Вкратчайшие сроки, казалось бы, медицинская проблема ковида перешагнула социо-медико-биологические рамки и подвела человечество к глобальным вопросам миропонимания, нашего настоящего и будущего. Почему? Масштабы. По числу жертв и экономических последствий пандемия превзошла все предшествующие в XXI веке. Конечно, её нельзя сравнивать с испанским гриппом, унёсшим в 1918–1920 годы от 50 до 100 млн человек. В одночасье человечество убедилось в своей абсолютной уязвимости как биологического вида, что заставило по-новому взглянуть на меры эпидемиологической безопасности. Но это лишь «преамбула». Сегодня происходит
ломка стереотипов, пересматриваются социальные теории, перестраивается экономика, изменяется международная логистика, в целом коммуникации.
И в связи с этим нельзя не заметить: глобалисты поторопились «хоронить» национальные государства как институт. Пандемия показала: в условиях форс-мажора именно национальные правительства и государственные механизмы сработали наиболее эффективно в противовес многим неправительственным международным организациям, считают эксперты.
Для каждой эпохи характерны свои акценты. Формационно-классовый подход из употребления давно вышел. Если говорить о разработках Римского клуба, то в них предлагаются идеи энвайронментализма.

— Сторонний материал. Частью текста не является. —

-- ===== src/Wrapper/CallLaws.antt =====
-- lib/wrapper.c: runs of calls on a stream for decompression.
use genwqe_user.Prelude.{
  ℕ, ◌≤◌, Bool, true, false, not, ◌&&◌, ◌||◌, Option, none, some, List, [], ◌∷◌, All, arith, length,
  ◌==◌, if-cases, ℤ, pos,
}
use genwqe_user.Zedc.{Flush}
use genwqe_user.Hardware.Buffers.{Zstream}
use genwqe_user.Wrapper.Backend.{
  stream_error, Zrc, is_ok, Impl, Backends, null, Config, Internal, Out,
}
use genwqe_user.Wrapper.Inflate
use genwqe_user.Wrapper.Switch.{Flow, stop, go}
use genwqe_user.Wrapper.Switch
use genwqe_user.Wrapper.Calls.{Op, Call}
use genwqe_user.Wrapper.Calls
use genwqe_user.Wrapper.Safety.{
  Sound, SoundState, Safe, through-Safe, set_dictionary-Safe, get_header-Safe, reset-Safe,
  reset2-Safe, prime-Safe, sync-Safe, end-Safe, Inits, init_loop-Inits,
}
use genwqe_user.Wrapper.SwitchLaws.{
  SafeFlow, ShortDicts, ShortDict, get_dictionary-ShortDict, close_old-Safe,
}

-- A call with a dictionary has one of at most ZLIB_MAXDICTLEN bytes.
abbrev pub ShortOp : Op → Type 0
ShortOp (Op.inflate_set_dictionary dict) = length dict ≤ 32768
ShortOp _ = Unit

abbrev pub ShortCall : Call → Type 0
ShortCall x = ShortOp x.op

module _ {H Z : Type 0} (b : Backends H Z) (c : Config) where
  switch-Safe :
      (strm : Zstream) (w : Internal H Z)
      → ShortDicts b
      → Sound w
      → SafeFlow (Switch.switch b c strm w)
  switch-Safe strm w h s = chosen (Switch.target c strm w)
    where
      chosen :
          (t : Option Impl)
          → SafeFlow (elim t [
            | none ↦ some (go strm w)
            | some t' ↦ Switch.close_old b t' strm w (Inflate.inflate_get_dictionary b w)
          ])
      chosen none = s
      chosen (some t) =
          close_old-Safe b t strm w (Inflate.inflate_get_dictionary b w) s
            (get_dictionary-ShortDict b w h s)

  decompress-Safe :
      (flush : Flush) (f : Option (Flow H Z)) → SafeFlow f → Safe (Switch.decompress b flush f)
  decompress-Safe flush none s = s
  decompress-Safe flush (some (stop o)) s = s
  decompress-Safe flush (some (go strm w)) s =
      through-Safe (b.hw.inflate flush strm) (b.sw.inflate flush strm)
        (record w { allow_switching = false }) s

  inflate-Safe :
      (flush : Flush) (strm : Zstream) (w : Internal H Z)
      → ShortDicts b
      → Sound w
      → Safe (Switch.inflate b c flush strm w)
  unfolding Switch.inflate
  inflate-Safe flush strm w h s =
      if-cases Safe (not (strm.total_in == 0 && w.allow_switching))
        (λ _. decompress-Safe flush (some (go strm w)) s)
        (λ _.
          if-cases Safe (length strm.input == 0) (λ _. s)
            (λ _. decompress-Safe flush (Switch.switch b c strm w) (switch-Safe strm w h s)))

  answer-Safe :
      (strm : Zstream) (w : Internal H Z) (r : Option (Zrc × List ℕ))
      → Sound w
      → ShortDict b r
      → Safe (Calls.answer b c strm w r)
  answer-Safe strm w none s h = h
  answer-Safe strm w (some (rc, dict)) s h = s

  apply-Safe :
      (op : Op) (strm : Zstream) (w : Internal H Z)
      → ShortDicts b
      → ShortOp op
      → Sound w
      → Safe (Calls.apply b c op strm w)
  unfolding Calls.apply
  apply-Safe (Op.inflate flush) strm w h o s = inflate-Safe flush strm w h s
  apply-Safe Op.inflate_reset strm w h o s = reset-Safe b strm w s
  apply-Safe Op.inflate_get_dictionary strm w h o s =
      answer-Safe strm w (Inflate.inflate_get_dictionary b w) s (get_dictionary-ShortDict b w h s)
  apply-Safe Op.inflate_sync strm w h o s = sync-Safe b strm w s
  apply-Safe Op.inflate_end strm w h o s = end-Safe b strm w s
  apply-Safe (Op.inflate_reset2 bits) strm w h o s = reset2-Safe b bits strm w s
  apply-Safe (Op.inflate_set_dictionary dict) strm w h o s = set_dictionary-Safe b dict strm w o s
  apply-Safe (Op.inflate_get_header head) strm w h o s = get_header-Safe b head strm w s
  apply-Safe (Op.inflate_prime bits value) strm w h o s = prime-Safe b bits value strm w s

  calls-Safe :
      (xs : List Call) (o : Out H Z)
      → ShortDicts b
      → All ShortCall xs
      → SoundState o.state
      → Safe (Calls.run b c xs o)
  unfolding Calls.run
  calls-Safe [] o h a s = s
  calls-Safe (x ∷ xs) o h a s =
      with_state o.state s (λ w. apply-Safe x.op (x.prepare o.strm) w h a.0)
        (λ p. calls-Safe xs p h a.1)
    where
      with_state :
          (st : Option (Internal H Z))
          → SoundState st
          → ((w : Internal H Z) → Sound w → Safe (Calls.apply b c x.op (x.prepare o.strm) w))
          → ((p : Out H Z) → SoundState p.state → Safe (Calls.run b c xs p))
          → Safe (elim st [
            | none ↦ some o
            | some w ↦ elim (Calls.apply b c x.op (x.prepare o.strm) w) [
              | none ↦ none
              | some p ↦ Calls.run b c xs p
            ]
          ])
      with_state none t f g = s
      with_state (some w) t f g = called (Calls.apply b c x.op (x.prepare o.strm) w) (f w t) g
        where
          called :
              (r : Option (Out H Z))
              → Safe r
              → ((p : Out H Z) → SoundState p.state → Safe (Calls.run b c xs p))
              → Safe (elim r [ none ↦ none | some p ↦ Calls.run b c xs p ])
          called none u g = u
          called (some p) u g = g p u

  init2-Sound :
      (memory : Bool × Bool) (bits : ℤ) (strm : Zstream)
      → SoundState (Inflate.inflate_init2 b c memory bits strm).state
  unfolding Inflate.inflate_init2
  init2-Sound memory bits strm =
      let w : Internal H Z = record {
        impl = c.impl;
        priv_data = null;
        allow_switching = true;
        level = pos 0;
        method = 0;
        mem_level = 0;
        strategy = 0;
        window_bits = bits;
        gzhead = none;
        dictionary = [];
        dict_length = 0;
      } in
      let i = Inflate.init_state b (record strm { total_in = 0; total_out = 0 }) w in
      let v : Inits b i = init_loop-Inits b 2 stream_error _ w (omega arith) in
      if-cases (λ (o : Out H Z). SoundState o.state)
        (not memory.0 || (not b.has_get_dictionary && not memory.1)) (λ _. tt)
        (λ _. if-cases SoundState (is_ok i.1) v (λ _. tt))

  -- Over a hardware and a software implementation whose dictionaries have at most 32 KiB, and
  -- after inflateInit2_ with any configuration, any calls of inflate and the other functions on
  -- the stream, with dictionaries of at most 32 KiB and with any change of the public fields
  -- between them, call an implementation only with a private state that this implementation gave
  -- and that was not freed, and never read behind the copy of the dictionary; the stream then has
  -- no state or again such a one.
  pub run-Safe :
      (memory : Bool × Bool) (bits : ℤ) (strm : Zstream) (xs : List Call)
      → ShortDicts b
      → All ShortCall xs
      → Safe (Calls.run b c xs (Inflate.inflate_init2 b c memory bits strm))
  run-Safe memory bits strm xs h a = calls-Safe xs _ h a (init2-Sound memory bits strm)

Согласно им, человечество – лишь один из видов, взаимозависимо включённый в глобальную экосистему. И никакого главенства человека, который к тому же должен испытывать чувство вины за научный прогресс. Наличие разума налагает на нас дополнительные обязанности перед природой и предопределяет ограничения на деятельность.
В 2019 году при подготовке Доклада ООН о глобальном устойчивом развитии группа учёных предрекла неизбежную смерть экономической системе, ориентированной на быструю прибыль. Использование невозобновляемых ресурсов и дешёвой энергии без учёта долгосрочных последствий для окружающей среды, по их мнению, путь в никуда. Под этим можно было бы подписаться. Но вот вопрос: где те социальные, экономические, политические силы, рычаги воздействия и механизмы реализации, которые способны привести в равновесие эко- и демосистему? Как сгладить нарастающее неравенство и изжить бедность?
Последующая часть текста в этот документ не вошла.